Molti di questi dubbi vengono spesso risolti dalla grande stampa con altrettante certezze, o quasi. Sappiamo bene che, di fronte a qualcuno o qualcosa che si vorrebbe esorcizzare, le alternative sono due: la spacconeria di quanti si dicono certi di prevalere e l’autocommiserazione di quelli che si danno già per vinti. Nel primo caso, si fanno coraggio; nel secondo, puntano sia a mettere le mani avanti, sia a mobilitare tutte le forze disponibili per sterilizzare il rischio. Allora, proviamo a vagliare queste situazioni tuttora incerte, checché se ne dica.

I dubbi su Biden

Le possibilità di rielezione di Trump dipenderanno, com’è ovvio, dalla sua prevalenza nelle primarie repubblicane e dall’assenza di motivi di ineleggibilità, come si ricorderà più avanti. Ma, certo, dipenderanno anche da quale sarà il suo avversario. 
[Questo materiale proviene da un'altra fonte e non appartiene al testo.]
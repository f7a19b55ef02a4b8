-- ===== src/Client.antt =====
-- `FarmClient` (ethminer/FarmClient.h), which speaks to the node in solo mining: the transactions
-- that wait to be mined, the nonce of the next one, the file that miners of one farm share. The
-- node, the settings, the clock and the curve's library are arguments.
pub mod Pending
pub mod Nonces
pub mod MintData
use mvis_tokenminer.Prelude.{ℕ, zero, suc, ◌+◌, ◌-◌, ◌*◌, ◌/◌, ◌%◌, ◌^◌, min, List, [], ◌∷◌, ◌++◌}
use mvis_tokenminer.Prelude.{Option, none, some, Bool, true, false, ◌||◌, ◌&&◌, not, ltb, leb, ◌==◌}
use mvis_tokenminer.Prelude.{
  if◌then◌else◌, Result, ok, err, ◌>>=◌, list_eq, take, replicate, get_elem?, length,
}
use mvis_tokenminer.Hex.{read_bytes, to_hex, from_hex, pad_left, add, dont_add, dont_throw}
use mvis_tokenminer.Rlp.Constants.{RlpError}
use mvis_tokenminer.Transaction.{Transaction, SignatureStruct, no_signature, generate_payload}
use mvis_tokenminer.Transaction.{sign, rlp}

pub data TxStatus : Type 0 where
  succeeded : TxStatus
  failed : TxStatus
  waiting : TxStatus
  not_found : TxStatus

-- What the node answers about a transaction: `exists_tx` whether it has it, `status` the text that
-- its receipt has under that name, empty where there is no receipt yet; none where the call throws.
pub record Node : Type 0 where
  pub exists_tx : List ℕ → Option Bool
  pub status : List ℕ → Option (List ℕ)

-- `getTxStatus`
pub get_tx_status : Node → List ℕ → TxStatus
get_tx_status node tx_hash = by_hash (node.exists_tx tx_hash)
  where
    receipt : Option (List ℕ) → TxStatus
    receipt none = waiting
    receipt (some status) =
        if list_eq status (b'0' ∷ b'x' ∷ b'1' ∷ [])
        then succeeded
        else if list_eq status (b'0' ∷ b'x' ∷ b'0' ∷ [])
        then failed
        else waiting

    by_hash : Option Bool → TxStatus
    by_hash none = waiting
    by_hash (some false) = not_found
    by_hash (some true) = receipt (node.status tx_hash)

abbrev pub is_final : TxStatus → Bool
is_final succeeded = true
is_final failed = true
is_final waiting = false
is_final not_found = false

-- The first loop of `checkPendingTransactions`, for the places below `i`, from the back: the
-- challenges of the transactions that are done.
pub find_done : Node → List Transaction → ℕ → List (List ℕ)
find_done node pending zero = []
find_done node pending (suc i) = add (get_elem? pending i) (find_done node pending i)
  where
    add : Option Transaction → List (List ℕ) → List (List ℕ)
    add none rest = rest
    add (some t) rest = if is_final (get_tx_status node t.tx_hash) then t.challenge ∷ rest else rest

-- `m_pendingTxs.erase(m_pendingTxs.begin() + i)`
pub erase_at : ℕ → List Transaction → List Transaction
erase_at i [] = []
erase_at zero (t ∷ ts) = ts
erase_at (suc i) (t ∷ ts) = t ∷ erase_at i ts

-- The inner loop of the second part, for the places below `i`, from the back.
pub erase_loop : List ℕ → ℕ → List Transaction → List Transaction
erase_loop challenge zero pending = pending
erase_loop challenge (suc i) pending = erase_loop challenge i (look (get_elem? pending i))
  where
    look : Option Transaction → List Transaction
    look none = pending
    look (some t) = if list_eq t.challenge challenge then erase_at i pending else pending

pub erase_done : List (List ℕ) → List Transaction → List Transaction
erase_done [] pending = pending
erase_done (challenge ∷ rest) pending =
    erase_done rest (erase_loop challenge (length pending) pending)

-- `checkPendingTransactions`
pub check_pending_transactions : Node → List Transaction → List Transaction
check_pending_transactions node pending =
    erase_done (find_done node pending (length pending)) pending

-- The state of a client, with the time when `m_lastSolution` was restarted, the file that miners of
-- one farm share, and the account's chain. The nonce is none where the source has -1.
pub record Client : Type 0 where
  pub tx_nonce : Option ℕ
  pub last_solution : ℕ
  pub pending_txs : List Transaction
  pub challenge_file : Option (List ℕ)
  pub chain_id : ℕ

-- `std::left << std::setfill('0') << std::setw(w)`.
pub pad_right : ℕ → List ℕ → List ℕ
pad_right w s = s ++ replicate (w - length s) b'0'

-- The text that becomes the call's data: the first four bytes of the hash of the signature of mint,
-- the nonce that solves the challenge, and the digest.
pub mint_text : List ℕ → List ℕ → List ℕ → List ℕ
mint_text selector solution hash =
    take 10 (to_hex selector 2 add)
    ++ (pad_left 64 (to_hex solution 2 dont_add) ++ pad_right 64 (to_hex hash 2 dont_add))

-- `fromHex(sMethod)`
pub mint_data : List ℕ → List ℕ → List ℕ → List ℕ
mint_data selector solution hash =
    read_bytes (from_hex (mint_text selector solution hash) dont_throw)

-- The gas price of the settings: a number, or what the node's oracle says, where its call may throw.
pub data GasPrice : Type 0 where
  fixed : ℕ → GasPrice
  oracle : Option ℕ → GasPrice

-- How looking at the shared file ends: with its line, with no line since it cannot be opened, or with an
-- exception; and how writing it ends: whole, with the file as it was, or after so many characters.
pub data FileRead : Type 0 where
  readable : FileRead
  unreadable : FileRead
  throwing : FileRead

pub data FileWrite : Type 0 where
  written : FileWrite
  unopened : FileWrite
  broken_off : ℕ → FileWrite

-- What a submission meets outside: whether the settings name a folder, its shared file, the time in seconds, the
-- node's transaction count, the settings of the gas, the address of the contract, the hash of the
-- signature of mint, hashing and the curve's library, and the node's answer to the bytes. None stands
-- for a call that throws.
pub record Outside : Type 0 where
  pub has_folder : Bool
  pub file_read : FileRead
  pub file_write : FileWrite
  pub now : ℕ
  pub next_nonce : Option ℕ
  pub eip1559 : Bool
  pub gas_limit : ℕ
  pub max_fee : ℕ
  pub max_priority_fee : ℕ
  pub gas_price : GasPrice
  pub token_contract : List ℕ
  pub selector : List ℕ
  pub sha3 : List ℕ → ℕ
  pub sign_compact : ℕ → Option SignatureStruct
  pub send_raw : List ℕ → Option (List ℕ)

-- How a submission ends: another miner had the challenge, a call threw, or the transaction waits.
pub data Outcome : Type 0 where
  taken : Outcome
  thrown : Outcome
  sent : Outcome

-- The line that is read, if the file is there; nothing is compared where looking at it throws.
abbrev pub line_read : FileRead → Option (List ℕ) → Option (List ℕ)
line_read readable line = line
line_read unreadable none = none
line_read unreadable (some line) = some []
line_read throwing line = none

-- Whether the first line of the shared file is the challenge's digits.
pub is_taken : Outside → List ℕ → Client → Bool
is_taken o challenge c = o.has_folder && held (line_read o.file_read c.challenge_file)
  where
    held : Option (List ℕ) → Bool
    held none = false
    held (some line) = list_eq line (to_hex challenge 2 dont_add)

-- The file after the digits were written to it. An exception of looking at it is caught behind the
-- writing, which does not take place.
abbrev pub file_after : FileRead → FileWrite → List ℕ → Option (List ℕ) → Option (List ℕ)
file_after throwing w digits line = line
file_after _ written digits line = some digits
file_after _ unopened digits line = line
file_after _ (broken_off n) digits line = some (take n digits)

pub share_challenge : Outside → List ℕ → Client → Client
share_challenge o challenge c =
    if o.has_folder
    then record c {
      challenge_file =
          file_after o.file_read o.file_write (to_hex challenge 2 dont_add) c.challenge_file;
    }
    else c

-- `m_txNonce`, read anew where the last solution is more than five minutes old; the source keeps it in an
-- int, which the nonces are taken to fit.
pub choose_nonce : Outside → Client → Option ℕ
choose_nonce o c = choose c.tx_nonce
  where
    choose : Option ℕ → Option ℕ
    choose none = o.next_nonce
    choose (some n) = if ltb (5 * 60) (o.now - c.last_solution) then o.next_nonce else some (n + 1)

abbrev pub asked_price : GasPrice → ℕ
asked_price (fixed price) = price
asked_price (oracle none) = 0
asked_price (oracle (some price)) = price

-- The transaction that `submitWorkSolo` prepares.
pub prepare : Outside → ℕ → List ℕ → List ℕ → List ℕ → Client → Transaction
prepare o n solution hash challenge c = record {
  chain_id = c.chain_id;
  nonce = n;
  value = 0;
  receive_address = o.token_contract;
  gas_price = if o.eip1559 then 0 else min (asked_price o.gas_price) o.max_fee;
  gas = o.gas_limit;
  call_data = mint_data o.selector solution hash;
  tx_hash = [];
  challenge = challenge;
  eip1559 = o.eip1559;
  priority_fee = if o.eip1559 then o.max_priority_fee else 0;
  max_fee = o.max_fee;
  vrs = no_signature;
}

-- `txSignSend`
pub tx_sign_send : Outside → Transaction → Option Transaction
tx_sign_send o t = with_bytes (sign o.sha3 o.sign_compact t)
  where
    answered : Transaction → Option (List ℕ) → Option Transaction
    answered signed none = none
    answered signed (some tx_hash) = some (record signed { tx_hash = tx_hash })

    with_rlp : Transaction → Result RlpError (List ℕ) → Option Transaction
    with_rlp signed (err e) = none
    with_rlp signed (ok bytes) = answered signed (o.send_raw bytes)

    with_bytes : Result RlpError Transaction → Option Transaction
    with_bytes (err e) = none
    with_bytes (ok signed) = with_rlp signed (rlp generate_payload signed)

-- What follows the choice of the nonce.
pub submit_with : Outside → List ℕ → List ℕ → List ℕ → ℕ → Client → Outcome × Client
submit_with o solution hash challenge n c =
    finish_with (tx_sign_send o (prepare o n solution hash challenge c))
  where
    counted : Client
    counted = record c { tx_nonce = some n; last_solution = o.now }

    finish_with : Option Transaction → Outcome × Client
    finish_with none = (thrown, counted)
    finish_with (some t) = (sent, record counted { pending_txs = c.pending_txs ++ (t ∷ []) })

-- `submitWorkSolo`
pub submit_work_solo : Outside → List ℕ → List ℕ → List ℕ → Client → Outcome × Client
submit_work_solo o solution hash challenge c =
    if is_taken o challenge c then (taken, c) else next (choose_nonce o shared)
  where
    shared : Client
    shared = share_challenge o challenge c

    next : Option ℕ → Outcome × Client
    next none = (thrown, shared)
    next (some n) = submit_with o solution hash challenge n shared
Ebbene, a riprova dell’incertezza che domina trasversalmente la politica americana, persino la ricandidatura del presidente democratico uscente, Joe Biden, non è del tutto sicura. Ciò dipende, anzitutto, dalla sua età insolitamente avanzata. Il presidente è nel suo 82° anno e, qualora inaugurasse un secondo mandato, per portarlo a compimento dovrebbe trattenersi al 1600 di Pennsylvania Avenue sino all’86° compiuto. Biden ha manifestato tratti tipici di senilità sin da quando si è insediato, tre anni fa: lentezza e incertezza nei movimenti, instabilità dell’equilibrio, ricorrenti cadute anche in pubblico, sensazione di spaesamento in talune circostanze come attestato da corrispondenti gaffe. D’altra parte, come forse già quattro anni fa, Biden è percepito come l’unica risorsa per impedire la prevalenza di un avversario che spaventa molti, fuori e dentro gli Usa, compresi diversi repubblicani. 

Sicché, più che una scelta, la sua resistenza viene vissuta quasi come una necessità. La politica economica è premiata da indicatori positivi (inflazione sotto controllo, bassa disoccupazione, Pil in crescita). Eppure, una politica estera più o meno indirettamente belligerante (Ucraina e Gaza), che inquieta la base democratica, e la sempre pendente spada di Damocle dell’immigrazione illegale fanno stancare gli americani del loro attuale presidente, che è indietro nei sondaggi, soprattutto contro candidati diversi da Trump.

Da Ron a Nikki

Veniamo agli altri ostacoli sulla strada del tycoon. Quello meno problematico sembra la conquista della nomination repubblicana. Trump, nonostante le ipoteche giudiziarie che pesano sulla sua eleggibilità e i dubbi che queste riserve finiscano per alienargli il voto moderato, non pare realmente insidiato dagli sfidanti della sua parte.

Ron DeSantis, governatore della Florida, da tempo è stato surclassato da Donald nei sondaggi presso la base repubblicana e potrebbe ritirarsi entro la fine di questo mese. Nikki Haley, già ambasciatrice all’Onu proprio per conto dell’amministrazione Trump ed ex governatrice della South Carolina, è data in rimonta, ma sempre indietro. Nemmeno lei sembra in grado di scalfire l’opzione della gente repubblicana per l’ex presidente. Eppure, recentissime indagini demoscopiche la considerano l’avversario meglio piazzato in un’eventuale sfida contro Biden (con un vantaggio di 8 punti).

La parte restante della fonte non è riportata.